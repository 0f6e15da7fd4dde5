-- ===== src/Agent/Reserve/History.antt =====
-- Sequences of commands on one reservation file, and a reservation undone.
use port_forge.Prelude.{
  ℕ, String, Option, none, some, List, [], ◌∷◌, ◌++◌, Bool, true, false, ◌==◌, ◌≡◌, ◌≢◌, refl, sym,
  ap, ◌∙◌, arith, inl, inr, find?, any, update_first, Bool-cases, eq_iff, normalize, codes_eq_iff,
}
use port_forge.Agent.Records.{Listener, Reservation, Claim, create}
use port_forge.Central.Vocabulary.{Protocol, protocol_eq_refl}
use port_forge.Agent.Evaluate.{is_for, find_discovered}
use port_forge.Agent.Reserve.{
  Run, reserve, reserve_over, reserve_unclaimed, refresh, same_project, find_exact, without,
  release, release_over, release_by_id, release_id_over, ReserveResult, reserve_success,
}
use port_forge.Agent.Reserve.Ownership.{HasIds}
use port_forge.Agent.Reserve.Slots.{
  HasSlots, find-any, HasSlots-append, HasIds-append, HasSlots-update_first, HasIds-update_first,
  HasSlots-without, HasIds-without,
}

-- No binding is reserved twice, and no id is used twice.
abbrev pub IsStore : List Reservation → Type 0
IsStore rows = HasSlots rows × HasIds rows

pub append-IsStore :
    (run : Run) (c : Claim) (rows : List Reservation)
    → any (λ w. w.reservation_id == run.new_id) rows ≡ false
    → find_exact rows run.host_id c.port c.protocol ≡ none
    → IsStore rows
    → IsStore (rows ++ create run.host_id c run.new_id run.now ∷ [])
append-IsStore run c rows new free s =
    let r = create run.host_id c run.new_id run.now in
    (
      HasSlots-append rows r s.0 (find-any (is_for run.host_id c.port c.protocol) rows free),
      HasIds-append rows r s.1 new,
    )

module _ (run : Run) (c : Claim) (rows : List Reservation)
    (new : any (λ w. w.reservation_id == run.new_id) rows ≡ false) where
  unclaimed-IsStore :
      (o : Option Listener)
      → find_exact rows run.host_id c.port c.protocol ≡ none
      → IsStore rows
      → IsStore (reserve_unclaimed run c rows o).rows
  unfolding reserve_unclaimed
  unclaimed-IsStore none free s = append-IsStore run c rows new free s
  unclaimed-IsStore (some d) free s = elim (Bool-cases (same_project d.project_name c.project)) [
    | inl h ↦ rw h (append-IsStore run c rows new free s)
    | inr h ↦ rw h s
  ]

  over-IsStore :
      (o : Option Reservation)
      → find_exact rows run.host_id c.port c.protocol ≡ o
      → IsStore rows
      → IsStore (reserve_over run c rows o).rows
  unfolding reserve_over
  over-IsStore none e s = unclaimed-IsStore (find_discovered run.discovered c.port c.protocol) e s
  over-IsStore (some x) e s = elim (Bool-cases (same_project (some x.project) c.project)) [
    | inl h ↦ rw h (
      HasSlots-update_first c run.now (is_for run.host_id c.port c.protocol) rows s.0,
      HasIds-update_first c run.now (is_for run.host_id c.port c.protocol) rows s.1,
    )
    | inr h ↦ rw h s
  ]

pub reserve-IsStore :
    (run : Run) (c : Claim) (rows : List Reservation)
    → any (λ w. w.reservation_id == run.new_id) rows ≡ false
    → IsStore rows
    → IsStore (reserve run c rows).rows
unfolding reserve
reserve-IsStore run c rows new s =
    over-IsStore run c rows new (find_exact rows run.host_id c.port c.protocol) refl s

without-IsStore : (id : ℕ) (rows : List Reservation) → IsStore rows → IsStore (without id rows)
without-IsStore id rows s = (HasSlots-without id rows s.0, HasIds-without id rows s.1)

release_over-IsStore :
    (project : String) (rows : List Reservation) (o : Option Reservation)
    → IsStore rows
    → IsStore (release_over project rows o).rows
unfolding release_over
release_over-IsStore project rows none s = s
release_over-IsStore project rows (some x) s =
    elim (Bool-cases (same_project (some x.project) project)) [
      | inl h ↦ rw h (without-IsStore x.reservation_id rows s)
      | inr h ↦ rw h s
    ]

release_id_over-IsStore :
    (id : ℕ) (project : Option String) (rows : List Reservation) (o : Option Reservation)
    → IsStore rows
    → IsStore (release_id_over id project rows o).rows
unfolding release_id_over
release_id_over-IsStore id project rows none s = s
release_id_over-IsStore id none rows (some x) s = without-IsStore id rows s
release_id_over-IsStore id (some project) rows (some x) s =
    elim (Bool-cases (same_project (some x.project) project)) [
      | inl h ↦ rw h (without-IsStore id rows s)
      | inr h ↦ rw h s
    ]

-- One command on the file; a new id is one that no row of the file has.
pub data Command : List Reservation → List Reservation → Type 0 where
  reserving :
      (run : Run) (c : Claim) (rows : List Reservation)
      → any (λ w. w.reservation_id == run.new_id) rows ≡ false
      → Command rows (reserve run c rows).rows
  releasing :
      (host_id : String) (port : ℕ) (project : String) (protocol : Protocol)
      (rows : List Reservation)
      → Command rows (release host_id port project protocol rows).rows
  releasing_id :
      (id : ℕ) (project : Option String) (rows : List Reservation)
      → Command rows (release_by_id id project rows).rows

pub data Commands : List Reservation → List Reservation → Type 0 where
  stop : (rows : List Reservation) → Commands rows rows
  next :
      {rows mid rows' : List Reservation}
      → Command rows mid
      → Commands mid rows'
      → Commands rows rows'

Command-IsStore :
    {rows rows' : List Reservation} → Command rows rows' → IsStore rows → IsStore rows'
unfolding release release_by_id
Command-IsStore (reserving run c rows new) s = reserve-IsStore run c rows new s
Command-IsStore (releasing host_id port project protocol rows) s =
    release_over-IsStore project rows (find_exact rows host_id port protocol) s
Command-IsStore (releasing_id id project rows) s =
    release_id_over-IsStore id project rows (find? (λ r. r.reservation_id == id) rows) s

-- In a file where no binding and no id stands twice, none does after any sequence of commands that
-- reserve, release or release by id, successful or refused, if each draws an id that the file does
-- not have.
pub Commands-IsStore :
    {rows rows' : List Reservation} → Commands rows rows' → IsStore rows → IsStore rows'
Commands-IsStore (stop rows) s = s
Commands-IsStore (next one rest) s = Commands-IsStore rest (Command-IsStore one s)

pub is_for-created :
    (run : Run) (c : Claim)
    → is_for run.host_id c.port c.protocol (create run.host_id c run.new_id run.now) ≡ true
is_for-created run c = ground (arith, eq_iff run.host_id run.host_id, protocol_eq_refl c.protocol)

pub find-append :
    (p : Reservation → Bool) (rows : List Reservation) (r : Reservation)
    → find? p rows ≡ none
    → p r ≡ true
    → find? p (rows ++ r ∷ []) ≡ some r
find-append p [] r e h = rw h refl
find-append p (x ∷ rows) r e h = ground (arith, find-append p rows r)

without-append :
    (rows : List Reservation) (r : Reservation)
    → any (λ w. w.reservation_id == r.reservation_id) rows ≡ false
    → without r.reservation_id (rows ++ r ∷ []) ≡ rows
without-append [] r h = ground arith
without-append (x ∷ rows) r h = ground (arith, without-append rows r)

module _ (run : Run) (c : Claim) (rows : List Reservation) where
  -- What a reservation that was made leaves.
  abbrev IsMade : ReserveResult → Type 0
  IsMade result =
      (r : Reservation) × (result.reservation ≡ some r)
      × (find_exact result.rows run.host_id c.port c.protocol ≡ some r)

  unclaimed-IsMade :
      (o : Option Listener)
      → find_exact rows run.host_id c.port c.protocol ≡ none
      → reserve_success (reserve_unclaimed run c rows o).outcome ≡ true
      → (reserve_unclaimed run c rows o).reservation
          ≡ some (create run.host_id c run.new_id run.now)
        × ((reserve_unclaimed run c rows o).rows
            ≡ rows ++ create run.host_id c run.new_id run.now ∷ [])
  unfolding reserve_unclaimed
  unclaimed-IsMade none free h = (refl, refl)
  unclaimed-IsMade (some d) free h = ground arith

find-update_first :
    (p : Reservation → Bool) (f : Reservation → Reservation) (rows : List Reservation)
    {x : Reservation}
    → ((w : Reservation) → p (f w) ≡ p w)
    → find? p rows ≡ some x
    → find? p (update_first p f rows) ≡ some (f x)
find-update_first p f [] keep e = absurd (cc e)
find-update_first p f (r ∷ rows) {x} keep e =
    ground (arith, keep r, find-update_first p f rows {x = x} keep)

module _ (run : Run) (c : Claim) (rows : List Reservation) where
  over-IsMade :
      (o : Option Reservation)
      → find_exact rows run.host_id c.port c.protocol ≡ o
      → reserve_success (reserve_over run c rows o).outcome ≡ true
      → IsMade run c rows (reserve_over run c rows o)
  unfolding reserve_over
  over-IsMade none e h =
      let o = find_discovered run.discovered c.port c.protocol in
      let (made, after) = unclaimed-IsMade run c rows o e h in
      let new = create run.host_id c run.new_id run.now in
      (
        new,
        made,
        rw after
            (find-append (is_for run.host_id c.port c.protocol) rows new e (is_for-created run c)),
      )
  over-IsMade (some x) e h = elim (Bool-cases (same_project (some x.project) c.project)) [
    | inl m ↦ rw m (
      refresh c run.now x,
      refl,
      find-update_first (is_for run.host_id c.port c.protocol) (refresh c run.now) rows (λ w. refl)
          e,
    )
    | inr m ↦ ground (arith, m)
  ]

-- After a reservation that succeeds, the file's first reservation for the binding is the one that
-- the command returned.
pub reserve-found :
    (run : Run) (c : Claim) (rows : List Reservation)
    → reserve_success (reserve run c rows).outcome ≡ true
    → (r : Reservation) × ((reserve run c rows).reservation ≡ some r)
      × (find_exact (reserve run c rows).rows run.host_id c.port c.protocol ≡ some r)
unfolding reserve
reserve-found run c rows h =
    over-IsMade run c rows (find_exact rows run.host_id c.port c.protocol) refl h

own_project :
    (r : Reservation) (p : String) → r.project ≡ p → p ≢ "" → same_project (some r.project) p ≡ true
unfolding same_project
own_project r p e n = ground (
  arith,
  eq_iff r.project "",
  eq_iff p "",
  n,
  e,
  codes_eq_iff (normalize r.project) (normalize p),
  ap normalize e,
)

released_made :
    (run : Run) (c : Claim) (rows : List Reservation) (result : ReserveResult)
    → c.project ≢ ""
    → any (λ w. w.reservation_id == run.new_id) rows ≡ false
    → find_exact rows run.host_id c.port c.protocol ≡ none
    → result.rows ≡ rows ++ create run.host_id c run.new_id run.now ∷ []
    → (release run.host_id c.port c.project c.protocol result.rows).rows ≡ rows
unfolding release release_over
released_made run c rows result named new free after =
    let r = create run.host_id c run.new_id run.now in
    rw
      (
        after,
        find-append (is_for run.host_id c.port c.protocol) rows r free (is_for-created run c),
        own_project r c.project refl named,
      )
      (without-append rows r new)

-- A reservation of a binding that was not reserved, if it succeeds, is undone by a release by the
-- same project: the file is as it was. The project's name is not empty, and the id drawn is new.
pub release-reserve :
    (run : Run) (c : Claim) (rows : List Reservation)
    → c.project ≢ ""
    → any (λ w. w.reservation_id == run.new_id) rows ≡ false
    → find_exact rows run.host_id c.port c.protocol ≡ none
    → reserve_success (reserve run c rows).outcome ≡ true
    → (release run.host_id c.port c.project c.protocol (reserve run c rows).rows).rows ≡ rows
unfolding reserve reserve_over
release-reserve run c rows named new free h =
    let o = find_discovered run.discovered c.port c.protocol in
    let result : reserve_over run c rows (find_exact rows run.host_id c.port c.protocol)
        ≡ reserve_unclaimed run c rows o =
      ap (reserve_over run c rows) free in
    let (_, after) =
      unclaimed-IsMade run c rows o free (sym (ap (λ t. reserve_success t.outcome) result) ∙ h) in
    released_made run c rows
      (reserve_over run c rows (find_exact rows run.host_id c.port c.protocol)) named new free
      (ap (λ t. t.rows) result ∙ after)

++++++++++

ABOUT THIS TASK:
Return the lines of the listing where the string "Option" appears.

RESULT OF THE TASK:
  ℕ, String, Option, none, some, List, [], ◌∷◌, ◌++◌, Bool, true, false, ◌==◌, ◌≡◌, ◌≢◌, refl, sym,
      (o : Option Listener)
      (o : Option Reservation)
    (project : String) (rows : List Reservation) (o : Option Reservation)
    (id : ℕ) (project : Option String) (rows : List Reservation) (o : Option Reservation)
      (id : ℕ) (project : Option String) (rows : List Reservation)
      (o : Option Listener)
      (o : Option Reservation)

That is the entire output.